To place a container in the run state, use the run command. You can also restart a container that's already running. When restarting a container, the container receives a termination signal to enable any running processes to shut down gracefully before the container's kernel terminates. A container is considered in a running state until it's either paused, stopped, or killed. A container can self-exit when the running process completes, or if the process goes into a fault state.

• To pause a running container, use the pause command. This command suspends all processes in the container.
• To stop a running container, use the stop command. The stop command enables the working process to shut down gracefully by sending it a termination signal. The container's kernel terminates after the process shuts down.
• If you need to terminate the container, use the kill command to send a kill signal. The container's kernel captures the kill signal, but the running process doesn't. This command forcefully terminates the working process in the container.
• To remove containers that are in a stopped state, use the remove command. After removing a container, all data stored in the container gets destroyed.

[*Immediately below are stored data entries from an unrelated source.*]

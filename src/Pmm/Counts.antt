-- ===== src/Pmm/Counts.antt =====
-- src/kernel/pmm.c: what a caller gets from the allocator, and what its reference counts mean.
use zoho_os.Prelude.{
  ℕ, zero, suc, ◌+◌, ◌-◌, ◌/◌, ◌^◌, ◌<◌, ◌≡◌, refl, ap, ◌≢◌, true, List, ◌∷◌, arith, update, inl,
  inr, Nat-cases, ◌∙◌, sym, subst, update_self,
}
use mathlib.Core.Path.{fun_ext}
use zoho_os.Pmm.{
  page_size, max_frames, Pmm, pmm_alloc_frame, pmm_free_frame, pmm_ref_inc, pmm_get_ref,
  pmm_get_free_count, push,
}
use zoho_os.Pmm.Bitmap.{bitmap_set, bitmap_unset, bitmap_test, bitmap_test-bitmap_set}
use zoho_os.Pmm.Frames.{stack_frames, stack_frames-push}
use zoho_os.Pmm.Invariant.{frames, is_free, IsValid, alloc_eq}

-- The frame is managed and in use.
abbrev pub IsUsed : Pmm → ℕ → Type 0
IsUsed p a = (a / page_size < max_frames) × (bitmap_test p.frame_bitmap (a / page_size) ≡ true)

-- What a successful allocation from `p` gives: address `a` and state `q`.
pub record Allocated (p q : Pmm) (a : ℕ) : Type 0 where
  pub was_free : is_free p (a / page_size) ≡ true
  pub used : IsUsed q a
  pub one_owner : pmm_get_ref q a ≡ 1
  pub one_less : pmm_get_free_count q + 1 ≡ pmm_get_free_count p
  pub others :
      (b : ℕ)
      → b / page_size ≢ a / page_size
      → (is_free q (b / page_size) ≡ is_free p (b / page_size))
        × (pmm_get_ref q b ≡ pmm_get_ref p b)

-- With a free frame on a valid stack, the allocator hands one out: it was free, now has one owner and
-- is in use, the count of free frames drops by one, and no other frame changes.
pub alloc-Allocated :
    (p : Pmm)
    → IsValid p
    → 0 < pmm_get_free_count p
    → Allocated p (pmm_alloc_frame p).1 (pmm_alloc_frame p).0
unfolding pmm_get_ref pmm_get_free_count
alloc-Allocated p v h = elim (Nat-cases p.depth) [
  | inl e ↦ absurd (omega arith)
  | inr (n, e) ↦ rw (alloc_eq p n e) (go n e (p.free_stack n) refl)
]
  where
    go :
        (n : ℕ)
        → p.depth ≡ suc n
        → (a : ℕ) → p.free_stack n ≡ a
        → Allocated p
            (record p {
              depth = n;
              frame_bitmap = bitmap_set p.frame_bitmap (p.free_stack n / page_size);
              ref_counts = update p.ref_counts (p.free_stack n / page_size) 1;
            })
            (p.free_stack n)
    go n e a ea =
        let top : frames p ≡ (p.free_stack n / page_size) ∷ stack_frames p.free_stack n =
          ap (stack_frames p.free_stack) e in
        let was : is_free p (p.free_stack n / page_size) ≡ true =
          ground (arith, v.agree (p.free_stack n / page_size), top) in
        record {
          was_free = was;
          used = ground (
            arith,
            was,
            bitmap_test-bitmap_set p.frame_bitmap (p.free_stack n / page_size)
                (p.free_stack n / page_size),
          );
          one_owner = ground (arith, was);
          one_less = omega arith;
          others = λ b d. ground (
            arith,
            bitmap_test-bitmap_set p.frame_bitmap (p.free_stack n / page_size) (b / page_size),
          );
        }

-- What a free does on each branch: the address is unmanaged or has no owner, has several, or one.
free_unowned : (p : Pmm) (a : ℕ) → pmm_get_ref p a ≡ 0 → pmm_free_frame p a ≡ p
unfolding pmm_free_frame pmm_get_ref
free_unowned p a h = ground arith

pub free_shared :
    (p : Pmm) (a n : ℕ)
    → pmm_get_ref p a ≡ suc (suc n)
    → pmm_free_frame p a ≡ record p { ref_counts = update p.ref_counts (a / page_size) (suc n) }
unfolding pmm_free_frame pmm_get_ref
free_shared p a n h = ground arith

pub free_last :
    (p : Pmm) (a : ℕ)
    → IsUsed p a
    → pmm_get_ref p a ≡ 1
    → pmm_free_frame p a
      ≡ push
          (record p {
            frame_bitmap = bitmap_unset p.frame_bitmap (a / page_size);
            ref_counts = update p.ref_counts (a / page_size) 0;
          })
          a
unfolding pmm_free_frame pmm_get_ref push
free_last p a u h = ground arith

ref_inc_owned :
    (p : Pmm) (a : ℕ)
    → 0 < pmm_get_ref p a
    → pmm_get_ref p a + 1 < 2 ^ 32
    → pmm_ref_inc p a ≡ record p {
      ref_counts = update p.ref_counts (a / page_size) (suc (p.ref_counts (a / page_size)));
    }
unfolding pmm_ref_inc pmm_get_ref
ref_inc_owned p a h k = ground arith

update-update_back : (f : ℕ → ℕ) (i v w : ℕ) → w ≡ f i → update (update f i v) i w ≡ f
update-update_back f i v w e = fun_ext λ j. ground arith

-- An owner more and an owner less leave the allocator as it was, if the count does not wrap.
pub free-ref_inc :
    (p : Pmm) (a : ℕ)
    → 0 < pmm_get_ref p a
    → pmm_get_ref p a + 1 < 2 ^ 32
    → pmm_free_frame (pmm_ref_inc p a) a ≡ p
unfolding pmm_get_ref
free-ref_inc p a h k = rw (ref_inc_owned p a h k) (
    free_shared q a (r - 1) (ground arith) ∙ λ i. record p {
      ref_counts =
          update-update_back p.ref_counts (a / page_size) (suc r) (suc (r - 1)) (ground arith) i;
    })
  where
    r : ℕ
    r = p.ref_counts (a / page_size)

    q : Pmm
    q = record p { ref_counts = update p.ref_counts (a / page_size) (suc r) }

-- The last owner's free puts the address on top of the stack: the next allocation returns it.
pub alloc-free_last :
    (p : Pmm) (a : ℕ)
    → IsUsed p a
    → pmm_get_ref p a ≡ 1
    → ((pmm_alloc_frame (pmm_free_frame p a)).0 ≡ a)
      × (frames (pmm_free_frame p a) ≡ (a / page_size) ∷ frames p)
unfolding push
alloc-free_last p a u h = rw (free_last p a u h) (
  ap (λ (r : ℕ × Pmm). r.0) (alloc_eq q p.depth refl) ∙ update_self p.free_stack p.depth a,
  stack_frames-push p.free_stack p.depth a,
)
  where
    q : Pmm
    q =
        push
          (record p {
            frame_bitmap = bitmap_unset p.frame_bitmap (a / page_size);
            ref_counts = update p.ref_counts (a / page_size) 0;
          })
          a

-- A second free of a frame that its last owner has freed does nothing.
pub free_twice :
    (p : Pmm) (a : ℕ)
    → IsUsed p a
    → pmm_get_ref p a ≡ 1
    → pmm_free_frame (pmm_free_frame p a) a ≡ pmm_free_frame p a
unfolding push pmm_get_ref
free_twice p a u h = rw (free_last p a u h) (free_unowned _ a (ground arith))

-- `n` frees of one frame.
pub frees : ℕ → Pmm → ℕ → Pmm
frees zero p a = p
frees (suc n) p a = frees n (pmm_free_frame p a) a

one_fewer :
    (p : Pmm) (a n : ℕ)
    → IsUsed p a
    → pmm_get_ref (record p { ref_counts = update p.ref_counts (a / page_size) n }) a ≡ n
unfolding pmm_get_ref
one_fewer p a n u = ground arith

-- After `n` frees of `a` it is in use with `fs` on the stack, and one more puts it on top of them.
abbrev pub LastsFor : ℕ → ℕ → List ℕ → Pmm → Type 0
LastsFor n a fs p =
    let q = frees n p a in
    IsUsed q a × (frames q ≡ fs) × (frames (pmm_free_frame q a) ≡ (a / page_size) ∷ fs)

-- A frame with `n + 1` owners stays in use through `n` frees, and the next one gives it back.
pub frees_owners :
    (n : ℕ) (p : Pmm) (a : ℕ) → IsUsed p a → pmm_get_ref p a ≡ suc n → LastsFor n a (frames p) p
unfolding frees
frees_owners zero p a u h = (u, refl, (alloc-free_last p a u h).1)
frees_owners (suc n) p a u h = subst (LastsFor n a (frames p)) (sym (free_shared p a n h)) (
    frees_owners n (record p { ref_counts = update p.ref_counts (a / page_size) (suc n) }) a u
      (one_fewer p a (suc n) u))
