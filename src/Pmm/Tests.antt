-- ===== src/Pmm/Tests.antt =====
-- src/kernel/pmm.c: the theorems of the frame allocator at concrete states, and runs of its code.
use zoho_os.Prelude.{ℕ, suc, ◌^◌, ◌≡◌, refl, some, true, false, List, [], ◌∷◌, arith}
use zoho_os.Pmm.{
  Pmm, push, pmm_alloc_frame, pmm_free_frame, pmm_ref_inc, pmm_get_ref, pmm_get_free_count, Call,
  alloc_frame, free_frame, ref_inc, step, run,
}
use zoho_os.Pmm.Bitmap.{bitmap_set, bitmap_unset, bitmap_test, bitmap_test-bitmap_unset}
use zoho_os.Pmm.Invariant.{is_free, IsValid, IsAligned, run-IsValid}
use zoho_os.Pmm.Counts.{IsUsed, Allocated, alloc-Allocated, LastsFor, frees_owners}
use zoho_os.Pmm.Boot.{BootInfo, mmap, other_tag, pmm_init, all_ones}
use zoho_os.Pmm.Boot.Total.{all_ones_set, free_after_boot, BootFits, pmm_init_total}

-- Frame 5 is free, all others are in use.
abbrev one_free : Pmm
one_free = record {
  frame_bitmap = bitmap_unset all_ones 5;
  free_stack = λ i. 0x5000;
  depth = 1;
  ref_counts = λ f. 0;
  total_frames = 1;
}

one_free-IsValid : IsValid one_free
one_free-IsValid = record {
  distinct = (refl, tt);
  agree = λ f. ground (arith, bitmap_test-bitmap_unset all_ones 5 f, all_ones_set f);
}

-- Frame 9 is in use with three owners, and nothing is free.
abbrev shared : Pmm
shared = record {
  frame_bitmap = all_ones;
  free_stack = λ i. 0;
  depth = 0;
  ref_counts = λ f. 3;
  total_frames = 1;
}

-- The same with one owner.
abbrev owned : Pmm
owned = record shared { ref_counts = λ f. 1 }

owned-IsUsed : IsUsed owned 0x9000
owned-IsUsed = (omega arith, all_ones_set 9)

calls : List Call
calls = alloc_frame ∷ ref_inc 0x5000 ∷ free_frame 0x5000 ∷ free_frame 0x5000 ∷ []

alloc_then_empty :
    ((pmm_alloc_frame one_free).0 ≡ 0x5000) × ((pmm_alloc_frame (pmm_alloc_frame one_free).1).0 ≡ 0)
unfolding pmm_alloc_frame
alloc_then_empty = (refl, refl)

free_count_after_calls : pmm_get_free_count (run one_free calls) ≡ 1
unfolding run step calls pmm_alloc_frame pmm_free_frame pmm_ref_inc pmm_get_free_count bitmap_set
    bitmap_unset bitmap_test push
free_count_after_calls = refl

run-IsValid_example : IsValid (run one_free calls)
run-IsValid_example = run-IsValid one_free calls one_free-IsValid

alloc-Allocated_example :
    Allocated one_free (pmm_alloc_frame one_free).1 (pmm_alloc_frame one_free).0
unfolding pmm_get_free_count
alloc-Allocated_example = alloc-Allocated one_free one_free-IsValid (omega arith)

frees_owners_example : LastsFor 2 0x9000 [] shared
unfolding pmm_get_ref
frees_owners_example = frees_owners 2 shared 0x9000 (omega arith, all_ones_set 9) refl

-- 640 KiB of low memory and 7 MiB above the first; the kernel ends at 2 MiB, and the boot
-- information lies above it.
boot : BootInfo
boot = record {
  tags =
      other_tag
      ∷ mmap (
          record { addr = 0; len = 0xa0000; kind = 1 }
          ∷ record { addr = 0xf0000; len = 0x10000; kind = 2 }
          ∷ record { addr = 0x100000; len = 0x700000; kind = 1 }
          ∷ [])
      ∷ [];
  mb_info = 0x210000;
  total_size = 0x600;
  kernel_end = 0x200000;
}

boot-BootFits : BootFits boot
unfolding boot
boot-BootFits = omega arith

pmm_init_total_example :
    (p : Pmm) × (pmm_init (suc (2 ^ 52)) boot ≡ some p)
    × IsValid p
    × IsAligned p
    × ((f : ℕ) → is_free p f ≡ free_after_boot boot f)
pmm_init_total_example = pmm_init_total (2 ^ 52) boot (omega arith) boot-BootFits

-- The last kernel frame, the first free one, the frame of the boot information, and a reserved one.
free_frames :
    (free_after_boot boot 0x1ff ≡ false)
    × (free_after_boot boot 0x200 ≡ true)
    × (free_after_boot boot 0x210 ≡ false)
    × (free_after_boot boot 0x211 ≡ true)
    × (free_after_boot boot 0x800 ≡ false)
unfolding boot
free_frames = (refl, refl, refl, refl, refl)
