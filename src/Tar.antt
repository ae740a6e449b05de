-- ===== src/Tar.antt =====
-- src/kernel/tar.c: the archive on disk, read through a cache of one sector.
-- `ata_read_sector` and `ata_write_sector` of src/kernel/ata.c are taken to succeed: they move one
-- sector of 512 bytes. They send the low 28 bits of the number to the drive, so that numbers that are
-- alike in these name the same sector. The disk gives for each number what a read of it gives.
pub mod Cache
pub mod Octal
pub mod Entries
pub mod Layout
mod Tests
use zoho_os.Prelude.{
  ℕ, zero, suc, ◌+◌, ◌-◌, ◌*◌, ◌/◌, ◌%◌, ◌^◌, bit_or, Bool, true, false, ◌&&◌, ◌||◌, List, [], ◌∷◌,
  Option, none, some, arith, ◌==◌, ltb, leb, if◌then◌else◌, update,
}

abbrev pub Sector : Type 0
Sector = ℕ → ℕ

abbrev pub Disk : Type 0
Disk = ℕ → Sector

-- `struct sector_cache`
pub record SectorCache : Type 0 where
  pub lba : ℕ
  pub data' : Sector
  pub valid : Bool

-- The disk, `cache` and `tar_start_lba`.
pub record Archive : Type 0 where
  pub disk : Disk
  pub cache : SectorCache
  pub start_lba : ℕ

abbrev pub word32 : ℕ → ℕ
word32 n = n % 2 ^ 32

-- The bytes that the caller's buffer receives, and the new state.
unfoldable pub cached_read_sector : ℕ → Archive → Sector × Archive
cached_read_sector lba s =
    if s.cache.valid && s.cache.lba == lba
    then (s.cache.data', s)
    else (s.disk lba, record s { cache = record { lba = lba; data' = s.disk lba; valid = true } })

-- Two numbers name the same sector of the drive.
abbrev pub names_same : ℕ → ℕ → Bool
names_same lba l = (l % 2 ^ 28) == (lba % 2 ^ 28)

-- `ata_write_sector`, as later reads see it
abbrev pub write_sector : ℕ → Sector → Disk → Disk
write_sector lba buffer disk l = if names_same lba l then buffer else disk l

unfoldable pub cached_write_sector : ℕ → Sector → Archive → Archive
cached_write_sector lba buffer s = record s {
  disk = write_sector lba buffer s.disk;
  cache = record { lba = lba; data' = buffer; valid = true };
}

-- The loop of `octal_to_int` with `left` digits to go; `res` is the value so far.
unfoldable pub octal_from : ℕ → (ℕ → ℕ) → ℕ → ℕ
octal_from zero oct res = res
octal_from (suc left) oct res =
    let rest = octal_from left (λ i. oct (suc i)) (bit_or (word32 (res * 8)) (oct 0 - b'0')) in
    if ltb (oct 0) b'0' || ltb b'7' (oct 0) then res else rest

unfoldable pub octal_to_int : (ℕ → ℕ) → ℕ
unfolding octal_from
octal_to_int oct = octal_from 11 oct 0

-- `header->size`
unfoldable pub header_size : Sector → ℕ
unfolding octal_to_int
header_size header = octal_to_int (λ i. header (124 + i))

-- `strcmp(header->name, name) == 0`, for a name without its NUL.
unfoldable pub same_name : Sector → List ℕ → Bool
same_name header [] = header 0 == 0
same_name header (c ∷ cs) = (header 0 == c) && same_name (λ i. header (suc i)) cs

-- `current_lba += 1 + ((size + 511) / 512)`
unfoldable pub next_lba : ℕ → ℕ → ℕ
next_lba lba size = word32 (lba + 1 + word32 (size + 511) / 512)

unfoldable pub tar_init_disk : ℕ → Archive → Archive
tar_init_disk start s = record s { start_lba = start }

-- The loop of `tar_find_file`: the file's first sector and its size, and the new state. The outer
-- `none` says that the fuel ran out, the inner one that there is no such file.
unfoldable pub find_from : ℕ → ℕ → List ℕ → Archive → Option (Option (ℕ × ℕ) × Archive)
find_from zero lba name s = none
find_from (suc fuel) lba name s =
    let (header, s') = cached_read_sector lba s in
    let after = next_lba lba (header_size header) in
    let rest = find_from fuel after name s' in
    if header 0 == 0
    then some (none, s')
    else if same_name header name
    then some (some (word32 (lba + 1), header_size header), s')
    else if ltb (word32 (s.start_lba + 20000)) after
    then some (none, s')
    else rest

unfoldable pub tar_find_file : ℕ → List ℕ → Archive → Option (Option (ℕ × ℕ) × Archive)
unfolding find_from
tar_find_file fuel name s = find_from fuel s.start_lba name s

-- An `int` index is given by its 32 bits: a negative one is 2 ^ 31 or more, which no round reaches.
-- The loop of `tar_get_file_by_index`: the header whose name `strcpy` copies to the caller.
unfoldable pub index_from : ℕ → ℕ → ℕ → ℕ → Archive → Option (Option Sector × Archive)
index_from zero lba current_idx index s = none
index_from (suc fuel) lba current_idx index s =
    let (header, s') = cached_read_sector lba s in
    let after = next_lba lba (header_size header) in
    let rest = index_from fuel after (current_idx + 1) index s' in
    if header 0 == 0
    then some (none, s')
    else if current_idx == index
    then some (some header, s')
    else if ltb (word32 (s.start_lba + 20000)) after
    then some (none, s')
    else rest

unfoldable pub tar_get_file_by_index : ℕ → ℕ → Archive → Option (Option Sector × Archive)
unfolding index_from
tar_get_file_by_index fuel index s = index_from fuel s.start_lba 0 index s
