-- ===== src/Tar/Cache.antt =====
-- src/kernel/tar.c: the cache of one sector is transparent.
use zoho_os.Prelude.{ℕ, ◌≡◌, refl, ap, ◌∙◌, true, ◌&&◌, arith, ◌==◌, Bool-cases, inl, inr}
use mathlib.Core.Path.{fun_ext}
use zoho_os.Tar.{Sector, Archive, cached_read_sector, cached_write_sector}

-- What the cache holds is what the disk holds.
abbrev pub IsCoherent : Archive → Type 0
IsCoherent s = s.cache.valid ≡ true → s.cache.data' ≡ s.disk s.cache.lba

-- `s` and `t` differ in what is cached only.
pub record SameBut (s t : Archive) : Type 0 where
  pub coherent : IsCoherent t
  pub disk : t.disk ≡ s.disk
  pub start : t.start_lba ≡ s.start_lba

pub read-IsCoherent :
    (lba : ℕ) (s : Archive)
    → IsCoherent s
    → let (b, t) = cached_read_sector lba s in (b ≡ s.disk lba) × SameBut s t
unfolding cached_read_sector
read-IsCoherent lba s c = elim (Bool-cases (s.cache.valid && s.cache.lba == lba)) [
  | inl hit ↦ rw hit (
    c (ground (arith, hit)) ∙ ap s.disk (ground (arith, hit)),
    record { coherent = c; disk = refl; start = refl },
  )
  | inr miss ↦ rw miss (refl, record { coherent = λ v. refl; disk = refl; start = refl })
]

-- A write leaves the cache coherent, puts the buffer in its sector and spares the others.
pub write-IsCoherent :
    (lba : ℕ) (buffer : Sector) (s : Archive) → IsCoherent (cached_write_sector lba buffer s)
unfolding cached_write_sector
write-IsCoherent lba buffer s v = fun_ext λ i. ground arith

How to view available containers

To list running containers, run the docker ps command. To see all containers in all states, pass the -a argument.

output:

CONTAINER ID    IMAGE               COMMAND                CREATED          STATUS              PORTS          NAMES
d93d40cc1ce9    tmp-ubuntu:latest  "dotnet website.dll …"  6 seconds ago    Up 5 seconds        8080/tcp      happy_wilbur
33a6cf71f7c1    tmp-ubuntu:latest  "dotnet website.dll …"  2 hours ago     Exited (0) 9 seconds ago            adoring_borg

Here you can see:

• The image name listed in the IMAGE column; in this example, tmp-ubuntu: latest. Notice how you're allowed to create more than one container from the same image. This is a powerful management feature you can use to enable scaling in your solutions.
• The container status listed in the STATUS column. In this example, you have one container that's running and one container that has exited. The container's status is usually your first indicator of the container's health.
• The container name listed in the NAMES column. Apart from the container ID in the first column, containers also receive a name. In this example, you didn't explicitly provide a name for each container, and as a result, Docker gave the container a random name. To give a container an explicit name using the --name flag, use the run command.

Why are containers given a name?

This feature enables you to run multiple container instances of the same image. Container names are unique, which means if you specify a name, you can't reuse that name to create a new container.

run a container

To start a container, use the docker run command. You only need to specify the image to run with its name or ID to launch the container from the image. A container launched in this manner provides an interactive experience.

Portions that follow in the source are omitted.